--- START ---
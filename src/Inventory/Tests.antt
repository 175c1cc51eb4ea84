-- ===== src/Inventory/Tests.antt =====
-- A count of one product from its draft to its completion, as src/modules/inventory/inventory.service.ts
-- runs it.
use openeos_api.Base.{
  ℕ, ◌≡◌, refl, inr, ℤ, pos, negsuc, ◌-ℤ◌, ◌+ℤ◌, max_ℤ, none, some, List, [], ◌∷◌, get, put,
}
use openeos_api.Entities.{InventoryCount, InventoryCountItem, InventoryCountStatus, StockMovement}
use openeos_api.Samples.{signing, paid_store, product, event}
use openeos_api.Store.{Store, ok}
use openeos_api.Access.{check_membership}
use openeos_api.Organizations.{check_permission}
use openeos_api.Orders.Stock.{with_stock, save_product, create_stock_movement}
use openeos_api.Inventory.{
  get_event_and_check_permission, find_one_count_internal, find_one_count, save_count,
  complete_count, apply_stock_adjustment, adjust_items, completed,
}
use openeos_api.Inventory.Calls.{
  InventoryCall, InventoryRequest, serve_counts, serve_counts-CountInv,
}
use openeos_api.Inventory.Counts.{IsWellFormed}
use openeos_api.Inventory.Counts.Keeps.{CountInv}
use openeos_api.Inventory.Complete.{complete_count-stock}

abbrev on_count : ℕ → InventoryCall → InventoryRequest
on_count cid c = record { env = signing; event_id = 3; count_id = cid; user_id = 9; call = c }

abbrev requests : List InventoryRequest
requests =
    on_count 30 (InventoryCall.create_count_call (record { name = "Sunday"; notes = none }))
    ∷ on_count 30 (InventoryCall.bulk_add_call (record { category_id = none; product_ids = [] }))
    ∷ on_count 30 InventoryCall.start_count_call
    ∷ on_count 30 (InventoryCall.count_item_call 31 (record { counted_quantity = 7; notes = none }))
    ∷ on_count 30 InventoryCall.complete_count_call
    ∷ []

no_counts : CountInv paid_store
unfolding get
no_counts = record { well_formed = λ k c h. cc; keyed = (refl, tt) }

serve_counts-CountInv_example : CountInv (serve_counts requests paid_store)
serve_counts-CountInv_example = serve_counts-CountInv requests paid_store no_counts

-- Seven were counted where ten were expected.
abbrev short_item : InventoryCountItem
short_item = record {
  id = 31;
  product_id = 5;
  expected_quantity = pos 10;
  counted_quantity = some 7;
  difference = some (pos 7 -ℤ pos 10);
  notes = none;
  counted_by_user_id = some 9;
  counted_at = some 90;
}

abbrev sunday : InventoryCount
sunday = record {
  event_id = 3;
  name = "Sunday";
  status = InventoryCountStatus.in_progress;
  started_at = some 80;
  completed_at = none;
  notes = none;
  created_by_user_id = 9;
  completed_by_user_id = none;
  items = short_item ∷ [];
}

abbrev counting : Store
counting = record paid_store { inventory_counts = (30, sunday) ∷ [] }

permitted : get_event_and_check_permission 3 9 counting ≡ (ok event, counting)
unfolding get_event_and_check_permission check_permission check_membership get
permitted = refl

sunday-IsWellFormed : IsWellFormed sunday
sunday-IsWellFormed = record {
  consistent = (inr (7, refl, refl), tt);
  distinct = (refl, tt);
  draft_uncounted = λ h. cc;
  in_progress_items = λ h. refl;
  completed_counted = λ h. cc;
}

complete_count-stock_example :
    ((complete_count signing 3 30 9 counting).0 ≡ ok (completed signing 9 sunday))
    × (get 5 (complete_count signing 3 30 9 counting).1.products
        ≡ some (with_stock product (pos 7)))
unfolding get
complete_count-stock_example =
    complete_count-stock signing 3 30 9 5 7 event sunday short_item product counting permitted refl
      refl refl refl sunday-IsWellFormed refl refl refl refl

-- Eight of the ten were sold while the count ran: the stock stops at zero, the movement does not.
abbrev sold_out : Store
sold_out = record counting { products = (5, with_stock product (pos 2)) ∷ [] }

abbrev quantities : List StockMovement → List (ℤ × ℤ × ℤ)
quantities [] = []
quantities (m ∷ ms) = (m.quantity_before, m.quantity, m.quantity_after) ∷ quantities ms

sold_out_is :
    quantities (complete_count signing 3 30 9 sold_out).1.movements ≡ (pos 2, negsuc 2, pos 0) ∷ []
unfolding complete_count find_one_count find_one_count_internal get_event_and_check_permission
    check_permission check_membership adjust_items apply_stock_adjustment save_product
    create_stock_movement save_count get put ◌-ℤ◌ ◌+ℤ◌ max_ℤ
sold_out_is = refl
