-- ===== src/Orders.antt =====
-- src/modules/orders/orders.service.ts: one child for each group of its methods, with the proofs below
-- them. Printing, log lines and the two list queries (findAll, getStats) are not modelled.
pub mod Rows
pub mod Totals
pub mod Stock
pub mod Progress
pub mod Items
pub mod Create
pub mod Status
pub mod Cancel
pub mod Calls
pub mod Guards
pub mod Ledger
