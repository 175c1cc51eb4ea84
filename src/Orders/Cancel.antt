-- ===== src/Orders/Cancel.antt =====
-- cancelOrder, reverseCapturedPaymentsForOrder and forceCancelOrder of
-- src/modules/orders/orders.service.ts.
pub mod Items
pub mod Net
pub mod Stale
pub mod Attempts
pub mod Force
mod Tests
use openeos_api.Base.{
  ℕ, Bool, true, false, not, exists, ◌==◌, Option, none, some, String, List, [], ◌∷◌, map,
  if◌then◌else◌,
}
use openeos_api.Entities.{
  Order, OrderItem, OrderStatus, OrderItemStatus, Payment, User, OrderAuditLog, TseTransactionData,
  force_cancel_action, order_state,
}
use openeos_api.Store.{
  Store, Env, M, pure, gets, raise, raise_if, ◌>>=◌, ◌>>◌, bad_request, validation_error,
  tse_reversal_required, query_failed,
}
use openeos_api.Access.{check_membership, check_org_admin}
use openeos_api.Payments.Reversal.{captured_payments, reverse_payment, is_failed, failure_of}
use openeos_api.Orders.Rows.{find_one, save_order, save_item, or_null}
use openeos_api.Orders.Stock.{restore_stock_for_item}
use openeos_api.Orders.Status.{is_completed, is_cancelled_order, save_audit}

abbrev pub cancelled_item : OrderItem → OrderItem
cancelled_item i = record i { status = OrderItemStatus.cancelled }

-- The loop over the items: the stock comes back, and the item is saved as cancelled.
unfoldable pub cancel_items : ℕ → List OrderItem → ℕ → M (Unit {0})
cancel_items oid [] user_id = pure tt
cancel_items oid (i ∷ is) user_id = do
  restore_stock_for_item oid i user_id
  save_item oid (cancelled_item i)
  cancel_items oid is user_id

abbrev pub cancelled_order : Env → Option String → Order → Order
cancelled_order env reason o = record o {
  status = OrderStatus.cancelled;
  cancelled_at = some env.now;
  cancellation_reason = reason;
  items = map cancelled_item o.items;
}

unfoldable pub reverse_all : Env → ℕ → Order → List (ℕ × Payment) → M (Unit {0})
reverse_all env org o [] = pure tt
reverse_all env org o ((pid, p) ∷ rows) = do
  reverse_payment env org o pid p
  reverse_all env org o rows

unfoldable pub reverse_captured_payments_for_order : Env → ℕ → ℕ → Order → M (Unit {0})
unfolding reverse_all
reverse_captured_payments_for_order env org oid o =
    gets (λ s. captured_payments oid s.payments) >>= reverse_all env org o

unfoldable pub cancel_order : Env → ℕ → ℕ → Option String → User → M Order
cancel_order env org oid reason user = do
  check_membership org user.id
  o ← find_one org oid user
  raise_if (is_completed o.status) (bad_request validation_error)
  raise_if (is_cancelled_order o.status) (bad_request validation_error)
  cancel_items oid o.items user.id
  save_order oid (cancelled_order env (or_null reason) o)
  reverse_captured_payments_for_order env org oid (cancelled_order env (or_null reason) o)
  find_one org oid user

abbrev pub cancel_audit :
    ℕ → ℕ → Order → String → User → Option Order → Option TseTransactionData → OrderAuditLog
cancel_audit org oid o reason user after tse = record {
  organization_id = org;
  order_id = oid;
  actor_user_id = user.id;
  action = force_cancel_action;
  reason = reason;
  before = order_state o.status o.payment_status;
  after = elim after [ none ↦ none | some a ↦ some (order_state a.status a.payment_status) ];
  failure = failure_of tse;
}

-- A reversal that was not signed: the attempt goes into the audit trail, and the call is refused.
unfoldable pub abort_if_failed :
    ℕ → ℕ → Order → String → User → Option TseTransactionData → M (Unit {0})
unfolding save_audit
abort_if_failed org oid o reason user tse =
    if is_failed tse
    then save_audit (cancel_audit org oid o reason user none tse)
      >> raise (bad_request tse_reversal_required)
    else pure tt

unfoldable pub force_reverse_all :
    Env → ℕ → ℕ → Order → String → User → List (ℕ × Payment) → M (Unit {0})
unfolding abort_if_failed
force_reverse_all env org oid o reason user [] = pure tt
force_reverse_all env org oid o reason user ((pid, p) ∷ rows) = do
  tse ← reverse_payment env org o pid p
  abort_if_failed org oid o reason user tse
  force_reverse_all env org oid o reason user rows

-- The ids of the payments of an order: the relation `payments`, which findOne loads.
unfoldable pub payments_of : ℕ → List (ℕ × Payment) → List ℕ
payments_of oid [] = []
payments_of oid ((pid, p) ∷ rows) =
    if p.order_id == oid then pid ∷ payments_of oid rows else payments_of oid rows

abbrev pub is_in : ℕ → List ℕ → Bool
is_in k ids = exists (λ j. j == k) ids

-- Has the order a payment that is not among the loaded ones?
abbrev pub has_unloaded : ℕ → List ℕ → List (ℕ × Payment) → Bool
has_unloaded oid loaded rows = exists (λ k. not (is_in k loaded)) (payments_of oid rows)

-- `save` of an order with `payments` loaded: the ORM detaches the payments that the order has in the
-- database and not in the loaded relation, by setting their order_id to NULL. The column is NOT NULL,
-- so the database refuses the statement, and nothing of this `save` is kept.
unfoldable pub save_loaded_order : ℕ → List ℕ → Order → M (Unit {0})
unfolding payments_of
save_loaded_order oid loaded o = do
  unloaded ← gets λ s. has_unloaded oid loaded s.payments
  raise_if unloaded query_failed
  save_order oid o

unfoldable pub force_cancel_order : Env → ℕ → ℕ → String → User → M Order
unfolding save_audit save_loaded_order
force_cancel_order env org oid reason user = do
  check_org_admin org user
  o ← find_one org oid user
  raise_if (is_cancelled_order o.status) (bad_request validation_error)
  loaded ← gets λ s. payments_of oid s.payments
  captured ← gets λ s. captured_payments oid s.payments
  force_reverse_all env org oid o reason user captured
  cancel_items oid o.items user.id
  save_loaded_order oid loaded (cancelled_order env (some reason) o)
  save_audit (cancel_audit org oid o reason user (some (cancelled_order env (some reason) o)) none)
  find_one org oid user
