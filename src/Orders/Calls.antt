-- ===== src/Orders/Calls.antt =====
-- The methods of OrdersService that write, as one type of calls, and what a sequence of calls makes of
-- the store. A call that raises keeps what it saved before.
use openeos_api.Base.{ℕ, Option, String, List, [], ◌∷◌}
use openeos_api.Entities.{OrderStatus, User}
use openeos_api.Store.{Store, Env, M, pure, ◌>>◌}
use openeos_api.Orders.Items.{
  AddOrderItemDto, UpdateOrderItemDto, add_item, update_item, remove_item,
}
use openeos_api.Orders.Create.{CreateOrderDto, UpdateOrderDto, create, update, remove}
use openeos_api.Orders.Status.{
  mark_item_ready, mark_item_ready_from_device, mark_item_delivered, complete_order,
  force_update_status,
}
use openeos_api.Orders.Cancel.{cancel_order, force_cancel_order}

pub data OrderCall : Type 0 where
  create_call : CreateOrderDto → OrderCall
  update_call : ℕ → UpdateOrderDto → OrderCall
  remove_call : ℕ → OrderCall
  add_item_call : ℕ → AddOrderItemDto → OrderCall
  update_item_call : ℕ → ℕ → UpdateOrderItemDto → OrderCall
  remove_item_call ready_call delivered_call : ℕ → ℕ → OrderCall
  device_ready_call : ℕ → OrderCall
  complete_call : ℕ → OrderCall
  cancel_call : ℕ → Option String → OrderCall
  force_cancel_call : ℕ → String → OrderCall
  force_status_call : ℕ → OrderStatus → String → OrderCall

-- Who calls, and in which surroundings.
pub record Request : Type 0 where
  pub env : Env
  pub organization_id : ℕ
  pub user : User
  pub call : OrderCall

abbrev pub done {ℓ} : {A : Type ℓ} → M A → M (Unit {0})
done m = m >> pure tt

unfoldable pub perform : Env → ℕ → User → OrderCall → M (Unit {0})
perform env org user (create_call dto) = done (create env org dto user)
perform env org user (update_call oid dto) = done (update org oid dto user)
perform env org user (remove_call oid) = remove env org oid user
perform env org user (add_item_call oid dto) = done (add_item org oid dto user)
perform env org user (update_item_call oid iid dto) = done (update_item org oid iid dto user)
perform env org user (remove_item_call oid iid) = done (remove_item org oid iid user)
perform env org user (ready_call oid iid) = done (mark_item_ready env org oid iid user)
perform env org user (delivered_call oid iid) = done (mark_item_delivered env org oid iid user)
perform env org user (device_ready_call iid) = done (mark_item_ready_from_device env org iid)
perform env org user (complete_call oid) = done (complete_order env org oid user)
perform env org user (cancel_call oid reason) = done (cancel_order env org oid reason user)
perform env org user (force_cancel_call oid reason) =
    done (force_cancel_order env org oid reason user)
perform env org user (force_status_call oid status reason) =
    done (force_update_status org oid status reason user)

unfoldable pub serve : Request → Store → Store
unfolding perform
serve r s = (perform r.env r.organization_id r.user r.call s).1

unfoldable pub serve_all : List Request → Store → Store
unfolding serve
serve_all [] s = s
serve_all (r ∷ rs) s = serve_all rs (serve r s)
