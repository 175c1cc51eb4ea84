-- ===== src/Tse/Run.antt =====
-- recordTransaction never raises, and writes to devices and to the requests that were sent alone.
use openeos_api.Base.{
  ℕ, ◌≡◌, refl, ◌∷◌, List, Bool, true, false, Option, none, some, get, put, Option-cases, inl, inr,
}
use openeos_api.Entities.{Device, TseRequest, TseTransactionData}
use openeos_api.Store.{Store, Env, ok}
use openeos_api.Tse.{
  TseInput, client_of_device, resolve_client_id, send, transact, record_transaction,
  transaction_data,
}

abbrev pub with_signing : List (ℕ × Device) → List TseRequest → Store → Store
with_signing d g s = record s { devices = d; signed = g }

device_run :
    (id : ℕ) (found : Option Device) (s : Store)
    → (d : List (ℕ × Device)) × (c : ℕ) × (client_of_device id found s
        ≡ (ok c, with_signing d s.signed s))
unfolding client_of_device
device_run id none s = (s.devices, id, refl)
device_run id (some d) s = elim (Option-cases d.tse_client_id) [
  | inl e ↦ (put id (record d { tse_client_id = some id }) s.devices, id, rw e)
  | inr (c, e) ↦ (s.devices, c, rw e)
]

client_run :
    (org : ℕ) (device : Option ℕ) (s : Store)
    → (d : List (ℕ × Device)) × (c : ℕ) × (resolve_client_id org device s
        ≡ (ok c, with_signing d s.signed s))
unfolding resolve_client_id
client_run org none s = (s.devices, org, refl)
client_run org (some id) s = device_run id (get id s.devices) s

transact_run :
    (env : Env) (org : ℕ) (device : Option ℕ) (input : TseInput) (ready : Bool) (s : Store)
    → (t : Option TseTransactionData) × (d : List (ℕ × Device)) × (g : List TseRequest) × (transact
          env org device input ready s
        ≡ (ok t, with_signing d g s))
unfolding transact send
transact_run env org device input false s = (none, s.devices, s.signed, refl)
transact_run env org device input true s =
    let (d, c, e) = client_run org device s in
    let request : TseRequest = record {
      client_id = c;
      amount = input.amount;
      payment_method = input.payment_method;
      vat_splits = input.vat_splits;
    } in
    (some (transaction_data request (env.sign s.signed request)), d, request ∷ s.signed, rw e)

pub record_transaction_run :
    (env : Env) (org : ℕ) (device : Option ℕ) (input : TseInput) (s : Store)
    → (t : Option TseTransactionData) × (d : List (ℕ × Device)) × (g : List TseRequest)
      × (record_transaction env org device input s ≡ (ok t, with_signing d g s))
unfolding record_transaction
record_transaction_run env org device input s = transact_run env org device input _ s
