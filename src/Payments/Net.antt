-- ===== src/Payments/Net.antt =====
-- The captured payments of an order after their reversal.
use openeos_api.Base.{
  ℕ, suc, ◌<◌, ◌≡◌, refl, ℤ, pos, neg, ◌+ℤ◌, int_laws, false, ◌&&◌, Option, List, [], ◌∷◌, ◌++◌,
  ◌==◌, put, ==_refl, Bool-cases, inl, inr, arith, All,
}
use openeos_api.Entities.{Payment, TseTransactionData}
use openeos_api.Payments.Reversal.{is_captured, captured_payments, reversal_of}

-- The sum of the captured payments of an order, reversals included.
unfoldable pub net_of : List (ℕ × Payment) → ℤ
net_of [] = pos 0
net_of ((pid, p) ∷ rows) = p.amount +ℤ net_of rows

unfoldable pub net_captured : ℕ → List (ℕ × Payment) → ℤ
unfolding net_of
net_captured oid rows = net_of (captured_payments oid rows)

-- The ids of the rows are below the next one.
abbrev pub IsFresh : ℕ → List (ℕ × Payment) → Type 0
IsFresh n rows = All (λ row. row.0 < n) rows

-- A row under a new id is inserted behind the others.
pub put-fresh :
    (n : ℕ) (p : Payment) (rows : List (ℕ × Payment))
    → IsFresh n rows
    → put n p rows ≡ rows ++ (n, p) ∷ []
unfolding put
put-fresh n p [] h = refl
put-fresh n p ((j, q) ∷ rows) (lt, h) = rw (not_same j n lt, put-fresh n p rows h)
  where
    not_same : (a b : ℕ) → a < b → (a == b) ≡ false
    not_same a b l = ground arith

pub IsFresh-put :
    (n : ℕ) (p : Payment) (rows : List (ℕ × Payment))
    → IsFresh n rows
    → IsFresh (suc n) (rows ++ (n, p) ∷ [])
IsFresh-put n p [] h = (omega arith, tt)
IsFresh-put n p ((j, q) ∷ rows) (lt, h) = (omega arith, IsFresh-put n p rows h)

pub captured_payments-append :
    (oid : ℕ) (rows more : List (ℕ × Payment))
    → captured_payments oid (rows ++ more)
      ≡ captured_payments oid rows ++ captured_payments oid more
unfolding captured_payments
captured_payments-append oid [] more = refl
captured_payments-append oid ((pid, p) ∷ rows) more =
    elim (Bool-cases (p.order_id == oid && is_captured p.status)) [
      | inl e ↦ rw (e, captured_payments-append oid rows more)
      | inr e ↦ rw (e, captured_payments-append oid rows more)
    ]

pub net_of-append : (xs ys : List (ℕ × Payment)) → net_of (xs ++ ys) ≡ net_of xs +ℤ net_of ys
unfolding net_of
net_of-append [] ys = zero_back (net_of ys)
  where
    zero_back : (a : ℤ) → a ≡ pos 0 +ℤ a
    zero_back a = omega int_laws
net_of-append ((pid, p) ∷ xs) ys =
    rw (net_of-append xs ys) (assoc_back p.amount (net_of xs) (net_of ys))
  where
    assoc_back : (a b c : ℤ) → a +ℤ (b +ℤ c) ≡ a +ℤ b +ℤ c
    assoc_back a b c = omega int_laws

-- One reversal takes its amount off the captured sum of its order.
pub net_captured-reversal :
    (oid n pid : ℕ) (p : Payment) (tse : Option TseTransactionData) (rows : List (ℕ × Payment))
    → IsFresh n rows
    → p.order_id ≡ oid
    → net_captured oid (put n (reversal_of pid p tse) rows) ≡ net_captured oid rows +ℤ neg p.amount
unfolding net_captured reversal_of captured_payments
net_captured-reversal oid n pid p tse rows h e =
    rw
      (
        put-fresh n (reversal_of pid p tse) rows h,
        captured_payments-append oid rows ((n, reversal_of pid p tse) ∷ []),
        net_of-append (captured_payments oid rows)
            (captured_payments oid ((n, reversal_of pid p tse) ∷ [])),
        e,
        ==_refl oid,
      )
      (one_more (net_of (captured_payments oid rows)) (neg p.amount))
  where
    one_more : (a b : ℤ) → a +ℤ (b +ℤ pos 0) ≡ a +ℤ b
    one_more a b = omega int_laws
--- END ---
TASK BRIEF: Send back an exact copy of only the lines from the line with "reverse_captured_payments_for_order env org oid (cancelled_order" up to and including the line with "then save_audit (cancel_audit" in the data above.

EXERCISE RESULT:
  reverse_captured_payments_for_order env org oid (cancelled_order env (or_null reason) o)
  find_one org oid user

abbrev pub cancel_audit :
    ℕ → ℕ → Order → String → User → Option Order → Option TseTransactionData → OrderAuditLog
cancel_audit org oid o reason user after tse = record {
  organization_id = org;
  order_id = oid;
  actor_user_id = user.id;
  action = force_cancel_action;
  reason = reason;
  before = order_state o.status o.payment_status;
  after = elim after [ none ↦ none | some a ↦ some (order_state a.status a.payment_status) ];
  failure = failure_of tse;
}

-- A reversal that was not signed: the attempt goes into the audit trail, and the call is refused.
unfoldable pub abort_if_failed :
    ℕ → ℕ → Order → String → User → Option TseTransactionData → M (Unit {0})
unfolding save_audit
abort_if_failed org oid o reason user tse =
    if is_failed tse
    then save_audit (cancel_audit org oid o reason user none tse)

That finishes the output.